[Big-Daddy]

I'm getting some conflicting ideas from different textbooks and Internet sites regarding the equations of entropy and Gibbs free energy. Please help me see where I'm wrong because the way I see it so far one of my sources must be making a mistake.

ΔS(total)=ΔS(system)+(-ΔH/T)

The definition of Gibbs free energy is:

ΔG=ΔH-(T*ΔS(system))

Therefore:

ΔG=-T*ΔS(total)

ΔS(total)=R*ln(K)
ΔG=-RT*ln(K)

All consistent with each other.

This leads to us being able to solve for the equilibrium constant at any T with ΔG or for any T with one equilibrium constant at another T already known and ΔH. ΔS(total) provides the role of telling us whether the reaction can proceed (if positive) or not (if negative), which ΔG can also do (if negative, it proceeds; if positive it does not), and in both cases if ΔS(total) or ΔG is known, as well as temperature T, you can calculate K at that temperature. In the case of ΔS(total) you need only know the value of ΔS(total) to get K (though admittedly you wouldn't know what temperature that K relates to if you didn't work out ΔS(total) using T in the first place), whereas in the case of ΔG you need to know the temperature and can then work out K at that temperature. ΔS(total), I assume, plays no more role, and nor does ΔS(system)? (Except, as I put above, in the derivation of ΔG itself, but it carries no more important meaning now.)

Please let me know if this is all correct. I'm extremely anxious to know if my ideas are accurate.

My issue is that many websites I look on are confusing the issue. For example, this one makes life difficult for me: http://www.chem1.com/acad/webtext/thermeq/TE5.html because no matter how hard I try I can't get the right answer on the calculation ("Problem Example 1").

[Yggdrasil]

This leads to us being able to solve for the equilibrium constant at any T with ΔG or for any T with one equilibrium constant at another T already known and ΔH.

This is not true.  In general, ΔG and ΔS(total) vary with temperature, so the ΔG value at one temperature will not work at another temperature (the same applies to ΔS(total)).

My issue is that many websites I look on are confusing the issue. For example, this one makes life difficult for me: http://www.chem1.com/acad/webtext/thermeq/TE5.html because no matter how hard I try I can't get the right answer on the calculation ("Problem Example 1").

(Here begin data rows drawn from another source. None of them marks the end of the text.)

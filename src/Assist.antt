-- ===== src/Assist.antt =====
-- Assist mode: the transcript context behind the reply suggestions, the gate that lets a
-- translation run only while no speech is recognised, and the orchestrator of the enrichment of
-- transcript segments (backend/app/application/services/recent_transcript_context.py,
-- live_transcription_priority_gate.py and assist_mode_orchestrator.py).
pub mod Context
pub mod Gate
pub mod Task
pub mod Orchestrator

Perhaps if you show your approach to solving the problem, we can help you determine where you made an error.

[Big-Daddy]

This leads to us being able to solve for the equilibrium constant at any T with ΔG or for any T with one equilibrium constant at another T already known and ΔH.

This is not true.  In general, ΔG and ΔS(total) vary with temperature, so the ΔG value at one temperature will not work at another temperature (the same applies to ΔS(total)).

In the case of ΔS(total) you need to be given the entropy at a certain temperature and can then work out K at that temperature, but you don't necessarily need to be told what the temperature is to perform the calculation.

In the case of ΔG, I was under the impression that ΔG itself cancels out to leave behind just ΔG^O=-RT*ln(K), which would indicate the standard ΔG of reaction is the one taken in the equation (standard meaning 1 bar pressure, 1 mol/dm³ concentrations and 298 K) and thus, with whatever T you have known, you can work out K at that T. Or would it be necessary for this ΔG^O to nonetheless refer to the "standard" Gibbs' free energy at whichever temperature you're at? This depends on the definition of "standard", which I'm unclear about - does it include a temperature of 298, or can it refer to any temperature (and thus its standardization is based on pressures of 1 bar)?

[Yggdrasil]

In the case of ΔS(total) you need to be given the entropy at a certain temperature and can then work out K at that temperature, but you don't necessarily need to be told what the temperature is to perform the calculation.

That is correct, if you know ΔS(total) at an unknown temperature, you can calculate the K for that unknown temperature.  However, it is rarely the case that you would know ΔS(total).  At best, you could calculate ΔS(system) from the standard entropies.

In the case of ΔG, I was under the impression that ΔG itself cancels out to leave behind just ΔG^O=-RT*ln(K), which would indicate the standard ΔG of reaction is the one taken in the equation (standard meaning 1 bar pressure, 1 mol/dm³ concentrations and 298 K) and thus, with whatever T you have known, you can work out K at that T. Or would it be necessary for this ΔG^O to nonetheless refer to the "standard" Gibbs' free energy at whichever temperature you're at? This depends on the definition of "standard", which I'm unclear about - does it include a temperature of 298, or can it refer to any temperature (and thus its standardization is based on pressures of 1 bar)?

The ΔG^o has to have been measured/calculated for whatever temperature you wish to calculate K.  For example, consider H₂O_(l) H₂O_(s).  K > 1 for T < 273 K, but K < 1 for T > 273 K.  This would not be possible if ΔG^o were invariant with temperature.